А ведь еще полчаса назад… Ээх, угораздило же трактирщика предложить Флориану мятную веточку… Недавно на Падоме, не разобрался в ситуации… Прощай теперь и уют единственного на весь город настоящего камина, и неторопливое молчание за чашкой лилового шоколада, и Королевский турнир в прямом телепетании с территорий сопредельных Бамберов… До дома бы добраться в совокупности составляющих… Если повезет…

«Я же ни словечка от нее не скрыл!» — Флориан сражался уже с седьмым стаканом, и, будь на месте старинного «Джульие» всего лишь сотня-другая отчаянных головорезов с мушкетами, непременно и легко одержал бы блестящую победу — но, увы, в данном случае перевес нечестно, хотя и действенно, клонился на сторону древнего молекулярно-примитивного продукта возгонки плодов дерева Абеле…

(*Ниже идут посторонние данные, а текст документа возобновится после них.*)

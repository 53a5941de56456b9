-- ===== src/Coordinator/Matching/Cycle.antt =====
-- One cycle of the auction, with whatever database faults: what it leaves alone.
use neuralmesh.Common.{
  some, none, ◌≢◌, Option, ◌≡◌, arith, true, false, inl, subst, List, ◌∷◌, [], inr, Option-cases,
  sym,
}
use neuralmesh.Common.Int.{ℤ, pos}
use neuralmesh.Coordinator.Matching.{
  is_available, find_best_provider, assign_found, attempt, assign_job, is_candidate, auction,
  queued_jobs, run_auction_cycle,
}
use neuralmesh.Coordinator.Matching.Ranking.{found-candidate}
use neuralmesh.Coordinator.Rows.{Provider, Job, Store}
use neuralmesh.Coordinator.Store.{unwrap_or, ◌>>◌, query, ok, bind-ends, Conn}
use neuralmesh.Database.{RowId}
use neuralmesh.Float.{Float}

module _ {R : Float} where
  -- Each provider's row stands under its provider_id.
  abbrev pub IsKeyed : Store R → Type 0
  IsKeyed s = (k : RowId) (p : Provider R) → s.providers.row k ≡ some p → p.provider_id ≡ k

  find-store :
      (m : ℤ) (price : R.F) (c : Conn R)
      → (attempt (find_best_provider m price) c).1.store ≡ c.store
  unfolding find_best_provider
  find-store m price c = ground arith

  attempt-eq-ok :
      (m : ℤ) (price : R.F) (c : Conn R) (k : RowId)
      → (attempt (find_best_provider m price) c).0 ≡ ok (some k)
      → (find_best_provider m price c).0 ≡ ok (some k)
  unfolding find_best_provider
  attempt-eq-ok m price c k h = ground arith

  candidate_is_available :
      (m : ℤ) (price : R.F) (p : Provider R)
      → is_candidate m price p ≡ true
      → is_available p.state ≡ true
  unfolding is_candidate
  candidate_is_available m price p h = ground arith

  found_is_available :
      (m : ℤ) (price : R.F) (c : Conn R) (k : RowId) (p : Provider R)
      → IsKeyed c.store
      → (attempt (find_best_provider m price) c).0 ≡ ok (some k)
      → c.store.providers.row k ≡ some p
      → is_available p.state ≡ true
  found_is_available m price c k p keyed h row =
      let (b, same, (accepted, (j, there))) =
        found-candidate m price c k (attempt-eq-ok m price c k h) in
      let key : j ≡ k = cc (keyed j b there, same) in
      let is_b : b ≡ p = ground arith in
      subst (λ q. is_available q.state ≡ true) is_b (candidate_is_available m price b accepted)

  assign_found-keeps :
      (j : Job R) (found : Option RowId) (c : Conn R) (k : RowId) (p : Provider R)
      → (found ≢ some k)
      → c.store.providers.row k ≡ some p
      → (assign_found j found c).1.store.providers.row k ≡ some p
  unfolding assign_found assign_job
  assign_found-keeps j none c k p ne row = row
  assign_found-keeps j (some i) c k p ne row = ground arith

  assign_found-IsKeyed :
      (j : Job R) (found : Option RowId) (c : Conn R)
      → IsKeyed c.store
      → IsKeyed (assign_found j found c).1.store
  unfolding assign_found assign_job
  assign_found-IsKeyed j none c keyed k p row = keyed k p row
  assign_found-IsKeyed j (some i) c keyed k p row = elim (Option-cases (c.store.providers.row k)) [
    | inl e ↦ absurd (ground arith)
    | inr (q, e) ↦ ground (arith, keyed k q)
  ]

  -- What one job of the cycle, and then the whole of it, keeps of a provider that is not available.
  abbrev pub Keeps : RowId → Provider R → Conn R → Type 0
  Keeps k p c = IsKeyed c.store × (c.store.providers.row k ≡ some p)

  assign_found-Keeps :
      (j : Job R) (found : Option RowId) (c : Conn R) (k : RowId) (p : Provider R)
      → found ≢ some k
      → Keeps k p c
      → Keeps k p (assign_found j found c).1
  assign_found-Keeps j found c k p ne (keyed, row) =
      (assign_found-IsKeyed j found c keyed, assign_found-keeps j found c k p ne row)

  auction-Keeps :
      (js : List (Job R)) (c : Conn R) (k : RowId) (p : Provider R)
      → is_available p.state ≡ false
      → Keeps k p c
      → Keeps k p (auction js c).1
  unfolding auction
  auction-Keeps [] c k p busy keeps = keeps
  auction-Keeps (j ∷ js) c k p busy keeps =
      let m = unwrap_or j.min_ram_gb (pos 0) in
      let price = unwrap_or j.max_price_per_hour R.max_value in
      let found = attempt (find_best_provider m price) in
      let after : Keeps k p (found c).1 =
        subst (λ s. IsKeyed s × (s.providers.row k ≡ some p)) (sym (find-store m price c)) keeps in
      bind-ends (Keeps k p) found (λ a. assign_found j a >> auction js) c after
        (λ a e.
          let ne : a ≢ some k = λ is_k.
            let free = found_is_available m price c k p keeps.0 (cc (e, is_k)) keeps.1 in
            ground arith in
          let given = assign_found-Keeps j a (found c).1 k p ne after in
          bind-ends (Keeps k p) (assign_found j a) (λ _. auction js) (found c).1 given
            (λ _ _. auction-Keeps js (assign_found j a (found c).1).1 k p busy given))

  -- Whatever statements fail, a cycle of the auction leaves each provider that is not available
  -- when it starts as it is. The table of providers is keyed by their provider_id.
  pub run_auction_cycle-busy :
      (c : Conn R) (k : RowId) (p : Provider R)
      → IsKeyed c.store
      → c.store.providers.row k ≡ some p
      → is_available p.state ≡ false
      → (run_auction_cycle c).1.store.providers.row k ≡ some p
  unfolding run_auction_cycle
  run_auction_cycle-busy c k p keyed row busy =
      (bind-ends (Keeps k p) (query queued_jobs) auction c (ground (arith, keyed), ground arith)
        (λ js e. auction-Keeps js _ k p busy (ground (arith, keyed), ground arith))).1
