-- ===== src/Coordinator/Migration/Eviction.antt =====
-- What an eviction leaves to a watcher that runs soon after it.
use neuralmesh.Common.{
  none, refl, List, [], ◌&&◌, ◌≡◌, Option, ◌∷◌, arith, ℕ, if◌then◌else◌, ◌≤◌, ◌+◌,
}
use neuralmesh.Coordinator.Migration.{
  watch, is_leased, is_evicted, check_stale_providers, provider_timeout_secs, evict_stale_providers,
  stale_providers, silent_for,
}
use neuralmesh.Coordinator.Rows.{offline, Provider}
use neuralmesh.Coordinator.Store.{Conn}
use neuralmesh.Database.{RowId, set_row, scan, scan_ids}
use neuralmesh.Float.{Float}

module _ {R : Float} where
  nothing_stale :
      (now later : ℕ) (row : RowId → Option (Provider R)) (ks : List RowId)
      → later ≤ now + 30
      → scan_ids
          (λ p. is_leased p.state && silent_for provider_timeout_secs later p.last_seen)
          (λ k.
            set_row
              (λ p.
                if is_evicted now p then record p { state = offline; active_job_id = none } else p)
              (row k))
          ks
        ≡ []
  unfolding scan_ids
  nothing_stale now later row [] h = refl
  nothing_stale now later row (k ∷ ks) h = ground (arith, nothing_stale now later row ks h)

  -- At most 30 seconds after an eviction, with nothing between them and no fault to come, the watcher
  -- for silent providers changes nothing in the database.
  pub evict-check_stale :
      (uuid : ℕ → RowId) (c : Conn R) (later : ℕ)
      → c.faults ≡ []
      → later ≤ c.now + 30
      → (check_stale_providers uuid (record (evict_stale_providers c).1 { now = later })).1.store
        ≡ (evict_stale_providers c).1.store
  unfolding check_stale_providers evict_stale_providers stale_providers scan watch
  evict-check_stale uuid c later h soon =
      ground (arith, nothing_stale c.now later c.store.providers.row c.store.providers.ids soon)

Трактирщик невнятно хмыкнул, не отрываясь от основного своего занятия — остервенелой протирки пивного хрусталя, каковому, судя по уровню трактирщицкой активности, давно уже полагалось дзинькнуть и разлететься на неравномерные осколочки. Ничего подобного, впрочем, сосудам для самообмана в «Гусенке» не грозило — иватлийцы творили их пусть и из незатейливых подручных материалов, но с немеренным запасом прочности. Сопредельные Бамберы в свое время немало поудивлялись столь явному, по их мнению, несоответствию формы и содержания, а уж про отдаленных Об’единенцев и говорить не приходилось — те декларировали культуру эстетики и наотрез отказывались пить что бы то ни было из иватлийской посуды. Отдаленных снобов иватлийцы поэтому жалели — добровольное лишение себя ароматного напитка по причине недостаточной тонкости питьевого стекла само по себе было серьезным наказанием за носозадирание, да и вообще нрав иватлийский был скорее мягок… Конфликты на Падоме не залеживались — если не считать Флориана и его мятных странностей…

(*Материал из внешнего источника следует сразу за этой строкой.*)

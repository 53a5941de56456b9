-- ===== src/Coordinator/Network.antt =====
-- What coordinator/src/api/rest.rs shows of the network: list_providers, get_provider and network_stats.
-- A negative limit, which the database refuses, is no argument here.
use Prim.Native.String.{String}
use mathlib.Core.List.{map}
use text.Mathlib.Text.{◌==◌ as str_eq}
use neuralmesh.Common.{
  Bool, ℕ, ◌&&◌, [], List, true, false, none, some, Option, ◌∷◌, if◌then◌else◌, length, take,
}
use neuralmesh.Common.Int.{◌+ℤ◌, ℤ, pos}
use neuralmesh.Coordinator.Listing.{any_or}
use neuralmesh.Coordinator.Matching.{int_at_least, is_available}
use neuralmesh.Coordinator.Migration.{is_leased}
use neuralmesh.Coordinator.Rows.{JobState, ProviderState, running, Store, complete, Provider}
use neuralmesh.Coordinator.Store.{Db, pure, query, or_fail, not_found, unwrap_or, ◌>>=◌}
use neuralmesh.Database.{scan, RowId}
use neuralmesh.Float.{Float}

-- `runtime` is read, and no handler uses it.
pub record ProviderQuery : Type 0 where
  pub runtime : Option String
  pub min_ram : Option ℤ
  pub region : Option String
  pub limit : Option ℕ

pub record ProviderView (R : Float) : Type 0 where
  pub provider_id : RowId
  pub chip_model : Option String
  pub unified_memory_gb : Option ℤ
  pub state : ProviderState
  pub floor_price_nmc_per_hour : Option R.F
  pub jobs_completed : ℕ
  pub trust_score : Option R.F

pub record NetworkStats : Type 0 where
  pub available_providers : ℕ
  pub active_providers : ℕ
  pub total_available_ram_gb : Option ℤ
  pub running_jobs : ℕ
  pub completed_jobs : ℕ

abbrev pub is_text : Option String → String → Bool
is_text none s = false
is_text (some r) s = str_eq r s

-- SUM, which is NULL where there is nothing to add.
abbrev pub sum_null : List (Option ℤ) → Option ℤ
sum_null [] = none
sum_null (none ∷ ns) = sum_null ns
sum_null (some n ∷ ns) = some (n +ℤ unwrap_or (sum_null ns) (pos 0))

-- ORDER BY floor_price_nmc_per_hour ASC, where NULLs come last
abbrev pub is_cheaper : (R : Float) → Option R.F → Option R.F → Bool
is_cheaper R none y = false
is_cheaper R (some x) none = true
is_cheaper R (some x) (some y) = R.lt x y

abbrev pub is_running : JobState → Bool
is_running running = true
is_running _ = false

abbrev pub is_complete : JobState → Bool
is_complete complete = true
is_complete _ = false

module _ {R : Float} where
  unfoldable pub insert_cheapest : Provider R → List (Provider R) → List (Provider R)
  insert_cheapest p [] = p ∷ []
  insert_cheapest p (q ∷ qs) =
      let rest = insert_cheapest p qs in
      if is_cheaper R q.floor_price_nmc_per_hour p.floor_price_nmc_per_hour
      then q ∷ rest
      else p ∷ (q ∷ qs)

  unfoldable pub cheapest_first : List (Provider R) → List (Provider R)
  unfolding insert_cheapest
  cheapest_first [] = []
  cheapest_first (p ∷ ps) = insert_cheapest p (cheapest_first ps)

  abbrev pub is_offered : ProviderQuery → Provider R → Bool
  is_offered q p =
      is_available p.state
      && (any_or (int_at_least p.max_job_ram_gb) q.min_ram && any_or (is_text p.region) q.region)

  -- The rows; the reply shows twelve of their columns.
  unfoldable pub list_providers : ProviderQuery → Db R (List (Provider R))
  unfolding scan cheapest_first
  list_providers q =
      query (λ s. take (unwrap_or q.limit 50) (cheapest_first (scan (is_offered q) s.providers)))

  abbrev pub provider_view : Provider R → ProviderView R
  provider_view p = record {
    provider_id = p.provider_id;
    chip_model = p.chip_model;
    unified_memory_gb = p.unified_memory_gb;
    state = p.state;
    floor_price_nmc_per_hour = p.floor_price_nmc_per_hour;
    jobs_completed = p.jobs_completed;
    trust_score = p.trust_score;
  }

  unfoldable pub get_provider : RowId → Db R (ProviderView R)
  get_provider provider_id = do
    row ← query (λ s. s.providers.row provider_id)
    p ← or_fail row not_found
    pure (provider_view p)

  abbrev pub count_jobs : (JobState → Bool) → Store R → ℕ
  unfolding scan
  count_jobs p s = length (scan (λ j. p j.state) s.jobs)

  abbrev pub count_providers : (ProviderState → Bool) → Store R → ℕ
  unfolding scan
  count_providers p s = length (scan (λ q. p q.state) s.providers)

  abbrev pub available_ram : Store R → Option ℤ
  unfolding scan
  available_ram s =
      sum_null (map (λ p. p.unified_memory_gb) (scan (λ p. is_available p.state) s.providers))

  abbrev pub provider_stats : Store R → ℕ × ℕ × Option ℤ
  provider_stats s = (count_providers is_available s, count_providers is_leased s, available_ram s)

  abbrev pub job_stats : Store R → ℕ × ℕ
  job_stats s = (count_jobs is_running s, count_jobs is_complete s)

  unfoldable pub network_stats : Db R NetworkStats
  network_stats = do
    stats ← query provider_stats
    jobs ← query job_stats
    pure (record {
      available_providers = stats.0;
      active_providers = stats.1;
      total_available_ram_gb = stats.2;
      running_jobs = jobs.0;
      completed_jobs = jobs.1;
    })
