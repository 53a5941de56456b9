-- ===== src/Coordinator/Payments/Retry.antt =====
-- Payments that are made twice.
use Prim.Native.String.{String}
use text.Mathlib.Text.{◌==◌ as str_eq}
use neuralmesh.Common.{
  false, ◌≢◌, some, none, [], Option, ◌≡◌, refl, true, eqb_refl, eqb_ne, ◌==◌, ◌∙◌, ap,
}
use neuralmesh.Coordinator.Jobs.{available_column}
use neuralmesh.Coordinator.Payments.{
  WithdrawBody, add_available, bearer, is_eth, check_withdrawal, queued_as, or_queue,
  queue_withdrawal, StripeCreditBody, insert_deposit, apply_credit, stripe_credit, count_session,
  WithdrawReply,
}
use neuralmesh.Coordinator.Rows.{Credit}
use neuralmesh.Coordinator.Store.{ok, internal_error, unwrap_or, ◌>>=◌, ◌>>◌, Conn, err, Db}
use neuralmesh.Database.{RowId}
use neuralmesh.Float.{Float}

module _ {R : Float} where
  stripe_credit-credits :
      (secret header : Option String) (body : StripeCreditBody R) (tx_id : RowId) (c : Conn R)
      (cr : Credit R)
      → c.faults ≡ []
      → str_eq (bearer header) (unwrap_or secret "") ≡ true
      → R.le body.amount_nmc (R.lit 0 0) ≡ false
      → count_session body.stripe_session_id c.store.deposits ≡ 0
      → c.store.credits.row body.account_id ≡ some cr
      → let after = stripe_credit secret header body tx_id c in
        (after.0 ≡ err internal_error)
        × (after.1.store.credits.row body.account_id ≡ some (add_available body.amount_nmc cr))
        × (after.1.store.deposits ≡ c.store.deposits)
        × (after.1.faults ≡ [])
  unfolding stripe_credit apply_credit insert_deposit
  stripe_credit-credits secret header body tx_id c cr f auth positive fresh row = (
    rw (f, auth, positive, fresh) refl,
    rw (f, auth, positive, fresh, row, eqb_refl body.account_id, row) refl,
    rw (f, auth, positive, fresh) refl,
    rw (f, auth, positive, fresh) refl,
  )

  -- With no fault, an authorised credit of a positive amount for a session that is not recorded ends in
  -- an error after the account has been credited; the session stays unrecorded, so that a retry
  -- credits the same payment again. The account has a credit row.
  pub stripe_credit-credits_again :
      (secret header : Option String) (body : StripeCreditBody R) (tx_id retry_id : RowId)
      (c : Conn R) (cr : Credit R)
      → c.faults ≡ []
      → str_eq (bearer header) (unwrap_or secret "") ≡ true
      → R.le body.amount_nmc (R.lit 0 0) ≡ false
      → count_session body.stripe_session_id c.store.deposits ≡ 0
      → c.store.credits.row body.account_id ≡ some cr
      → let after = stripe_credit secret header body tx_id c in
        let again = stripe_credit secret header body retry_id after.1 in
        let twice = add_available body.amount_nmc (add_available body.amount_nmc cr) in
        (after.0 ≡ err internal_error)
        × (after.1.store.credits.row body.account_id ≡ some (add_available body.amount_nmc cr))
        × (after.1.store.deposits ≡ c.store.deposits)
        × (again.1.store.credits.row body.account_id ≡ some twice)
  stripe_credit-credits_again secret header body tx_id retry_id c cr f auth positive fresh row =
      let first_try =
        stripe_credit-credits secret header body tx_id c cr f auth positive fresh row in
      let after = (stripe_credit secret header body tx_id c).1 in
      let unrecorded : count_session body.stripe_session_id after.store.deposits ≡ 0 =
        ap (count_session body.stripe_session_id) first_try.2 ∙ fresh in
      let retry =
        stripe_credit-credits secret header body retry_id after _ first_try.3 auth positive
          unrecorded first_try.1 in
      (first_try.0, first_try.1, first_try.2, retry.1)

  -- Two requests to withdraw, of which the second reads the balance before the first one writes.
  pub withdraw_twice : WithdrawBody R → RowId → RowId → Db R WithdrawReply
  withdraw_twice body tx_id other_id = do
    one ← check_withdrawal body
    two ← check_withdrawal body
    or_queue body tx_id one
    or_queue body other_id two

  -- Two withdrawals of which both read the balance before either writes are both queued, and
  -- both amounts are taken, though the balance was compared with one: the amount is positive and
  -- covered by the balance, the address has the form of an Ethereum address, the ids are two that
  -- are not taken, and no statement fails.
  pub withdraw-overdraws :
      (body : WithdrawBody R) (tx_id other_id : RowId) (c : Conn R) (cr : Credit R) (a : R.F)
      → c.faults ≡ []
      → R.le body.amount_nmc (R.lit 0 0) ≡ false
      → is_eth body.destination_address ≡ true
      → c.store.credits.row body.account_id ≡ some cr
      → cr.available_nmc ≡ some a
      → R.lt a body.amount_nmc ≡ false
      → c.store.transactions.row tx_id ≡ none
      → c.store.transactions.row other_id ≡ none
      → tx_id ≢ other_id
      → let after = withdraw_twice body tx_id other_id c in
        (after.0 ≡ ok (queued_as other_id))
        × (available_column (after.1.store.credits.row body.account_id)
            ≡ some (R.sub (R.sub a body.amount_nmc) body.amount_nmc))
  unfolding withdraw_twice check_withdrawal or_queue queue_withdrawal
  withdraw-overdraws body tx_id other_id c cr a f positive eth row free covered fresh fresh' ne =
      let miss : (tx_id == other_id) ≡ false = eqb_ne tx_id other_id ne in
      (
        rw (f, positive, eth, row, free, covered, fresh, miss, fresh') refl,
        rw
            (
              f,
              positive,
              eth,
              row,
              free,
              covered,
              fresh,
              miss,
              fresh',
              eqb_refl body.account_id,
              row,
              free,
            )
            refl,
      )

«Я ей — все по-честному, а она — мифология… Биолог недоученный… Ну, при чем тут мифология?» — в подобные моменты Флориану не были нужны собеседники. Собственное отражение в глубинах девятого бокала хотя и не отличалось молчаливостью, но зато спокойно переносило любую галиматью, мутным потоком заполнявшую в таких случаях все углы «Гусенка».

«Слезы ей, видишь ли, не по нраву… Принцееесса… Девчонка дерзкая… Про них сам Плиний… Старший, старший, будьте благонадежны… Не говоря уже о более поздних и менее запомнившихся… Да и в средние века… А эта… Спектральный анализ ей подавай… Чудо в тигеле раскладывать… Спорим — в Санту Клауса еще в досоциальном возрасте верить разучилась? И за стереовизор никогда не заглядывала… И окошко на ночь открытым не оставляла… Ни для Карлсона, ни для Питер Пеныча… А под подушку ничего толще Таблицы Менделеева не упихивала… Интегрррал сушеный… Вундеркинд-акселерат… Мелковыколосившийся… Как будто органика ей ответит… А раны заживлять — этт вам не белок анализировать… Понимать же надо… Обиделась, тоже мне… Я, что ли, виноват, что не все на молекулы раскладывается? Бокал бы мне пополнить, Ваше Пьянейшество…»

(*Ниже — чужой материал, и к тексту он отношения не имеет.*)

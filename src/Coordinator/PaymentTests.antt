-- ===== src/Coordinator/PaymentTests.antt =====
-- The coordinator's payments, logs and checkpoints at small databases.
use neuralmesh.Common.{false, arith, refl, some, [], ◌≡◌, none}
use neuralmesh.Common.Int.{pos, ◌-ℤ◌}
use neuralmesh.Coordinator.Checkpoints.{
  get_checkpoint, checkpoint_url_of, save_checkpoint, trim_end_slashes, CheckpointBody, latest,
}
use neuralmesh.Coordinator.Checkpoints.Restoring.{save_checkpoint-migrate}
use neuralmesh.Coordinator.Jobs.{available_column}
use neuralmesh.Coordinator.Logs.{get_job_logs, append_job_log}
use neuralmesh.Coordinator.Logs.Polling.{get_job_logs-append_job_log}
use neuralmesh.Coordinator.Migration.{migrate_or_fail_job}
use neuralmesh.Coordinator.Payments.{
  WithdrawBody, withdraw, invalid_address, check_withdrawal, StripeCreditBody, add_available,
  count_session, queued_as, stripe_credit,
}
use neuralmesh.Coordinator.Payments.Retry.{
  withdraw_twice, withdraw-overdraws, stripe_credit-credits_again,
}
use neuralmesh.Coordinator.Rows.{running, queued}
use neuralmesh.Coordinator.Sample.{
  job_row, nmc, no_rows, fixed_point, one_row, credit_row, connected,
}
use neuralmesh.Coordinator.Store.{Conn, ◌>>◌, ok, err, internal_error}
use neuralmesh.Database.{scan, scan_ids}

abbrev at_rest : Conn fixed_point
at_rest = connected (one_row 1 (job_row 1 running (some 5) none 0)) no_rows no_rows

abbrev stripe_body : StripeCreditBody fixed_point
stripe_body = record {
  account_id = 7;
  amount_nmc = nmc 5;
  stripe_session_id = 70;
  amount_myr = nmc 20;
}

-- An unset secret is matched by a request without a header.
stripe_credit-credits_again_example :
    let after = stripe_credit none none stripe_body 100 at_rest in
    let again = stripe_credit none none stripe_body 101 after.1 in
    let twice = add_available (nmc 5) (add_available (nmc 5) (credit_row 7 50 10)) in
    (after.0 ≡ err internal_error)
    × (after.1.store.credits.row 7 ≡ some (add_available (nmc 5) (credit_row 7 50 10)))
    × (after.1.store.deposits ≡ at_rest.store.deposits)
    × (again.1.store.credits.row 7 ≡ some twice)
unfolding count_session
stripe_credit-credits_again_example =
    stripe_credit-credits_again none none stripe_body 100 101 at_rest (credit_row 7 50 10) refl refl
      refl refl refl

abbrev withdrawal_body : WithdrawBody fixed_point
withdrawal_body = record {
  account_id = 7;
  destination_address = "0x0123456789012345678901234567890123456789";
  amount_nmc = nmc 40;
  chain = "arbitrum";
}

withdraw-overdraws_example :
    let after = withdraw_twice withdrawal_body 100 101 at_rest in
    (after.0 ≡ ok (queued_as 101))
    × (available_column (after.1.store.credits.row 7) ≡ some (nmc 50 -ℤ nmc 40 -ℤ nmc 40))
withdraw-overdraws_example =
    withdraw-overdraws withdrawal_body 100 101 at_rest (credit_row 7 50 10) (nmc 50) refl refl refl
      refl refl refl refl refl (λ e. ground arith)

short_address :
    (withdraw (record withdrawal_body { destination_address = "0x01" }) 100 at_rest).0
    ≡ ok invalid_address
unfolding withdraw check_withdrawal
short_address = refl

get_job_logs-append_job_log_example :
    let after = append_job_log 1 "epoch 1\n" at_rest in
    ((get_job_logs 1 none at_rest).0
      ≡ ok (some (record { job_id = 1; output = ""; is_complete = false; offset = 0 })))
    × ((get_job_logs 1 (some 0) after.1).0
        ≡ ok (some (record { job_id = 1; output = "epoch 1\n"; is_complete = false; offset = 8 })))
get_job_logs-append_job_log_example =
    get_job_logs-append_job_log 1 "epoch 1\n" at_rest (job_row 1 running (some 5) none 0) refl refl

abbrev checkpoint_body : CheckpointBody
checkpoint_body = record {
  provider_id = 5;
  iteration = pos 3;
  elapsed_secs = pos 600;
  checkpoint_dir = "/tmp/ckpt//";
  dmtcp_files = [];
}

trims : checkpoint_url_of "/tmp/ckpt//" ≡ "file:///tmp/ckpt"
unfolding trim_end_slashes
trims = refl

save_checkpoint-migrate_example :
    let url = checkpoint_url_of "/tmp/ckpt//" in
    let after = (save_checkpoint 1 checkpoint_body 30 >> migrate_or_fail_job 1 5 100) at_rest in
    ((save_checkpoint 1 checkpoint_body 30 at_rest).0
      ≡ ok (record { checkpoint_id = 30; checkpoint_url = url }))
    × (after.1.store.jobs.row 1
        ≡ some (record (job_row 1 running (some 5) none 0) {
          state = queued;
          provider_id = none;
          failure_reason = some "provider_disconnect_checkpoint_restore";
          checkpoint_url = some url;
          checkpoint_iter = pos 3;
          last_heartbeat = some 1000;
        }))
    × (after.1.store.credits ≡ at_rest.store.credits)
    × (after.1.store.escrows ≡ at_rest.store.escrows)
save_checkpoint-migrate_example =
    save_checkpoint-migrate 1 checkpoint_body 30 5 100 at_rest (job_row 1 running (some 5) none 0)
      refl refl refl (omega arith) refl

restored_from :
    (get_checkpoint 1 (save_checkpoint 1 checkpoint_body 30 at_rest).1).0
    ≡ ok (record {
      job_id = 1;
      iteration = pos 3;
      checkpoint_dir = "/tmp/ckpt//";
      dmtcp_files = [];
      elapsed_secs = pos 600;
      coord_port = 0;
    })
unfolding get_checkpoint save_checkpoint latest scan scan_ids
restored_from = refl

Трактирщик раскрыл было рот, чтобы заверить единственного оставшегося в «Гусенке» посетителя в незаконности навешивания столь роскошных титулов на любителей, но вместо этого как-то несолидно вспискнул, быстро и точно наполнил Флорианов бокал до краев и беззвучно испарился во чреве своего обожаемого заведения…

«Как и договаривались, дружочек — до десятого “Джульие”… У всех свои методы… Вы и правда решили, что Ваш, извините, взбрык вчера на поле приведет к каким-то необратимым последствиям? Сколько раз повторять — не в сказку Вы попали, а просто даже совершенно круто вляпались в жизнь… После всех сказочек… И извольте вести себя соответственно… Вы ж теперь на работе… В госсекторе Падомы… Гордость всей Иватлии… Стыдно должно быть — мятные запои на пустом месте… Всех приятелей распугали… Мифология мифологией, а манеры манерами…»

В темном теперь трактире (свечей в «Гусенке» никогда не водилось — традиции здесь были сильнее практичности) видны были лишь два силуэта — большой и несчастный за столиком, маленький, точеный и непреклонно-ласковый — в полушаге от большого, слишком близко для безопасности, слишком далеко для нежности…

«Уеду я. В Игуанию… Там хоть приставать не будут.» — Флориан понятия не имел, где такая Игуания, но сейчас ему было более чем все равно.

«Куда-куда?» — в непреклонной стали долга и розоватой дымке ласковости послышались новые краски — мелкие, яркие пятнышки плохо сдерживаемого детского смеха. Флориан насторожился. «Джульие», как обычно, обострил давнюю застарелую синестезию… Но пьянство пьянством, а издеваться над первоисточниками…

«В Игуанию. Страна такая. У вас же, на Падоме. Там разумные ящеры. И фруктов полный сад. Особенно вишен. И особенно персиков. И особ…»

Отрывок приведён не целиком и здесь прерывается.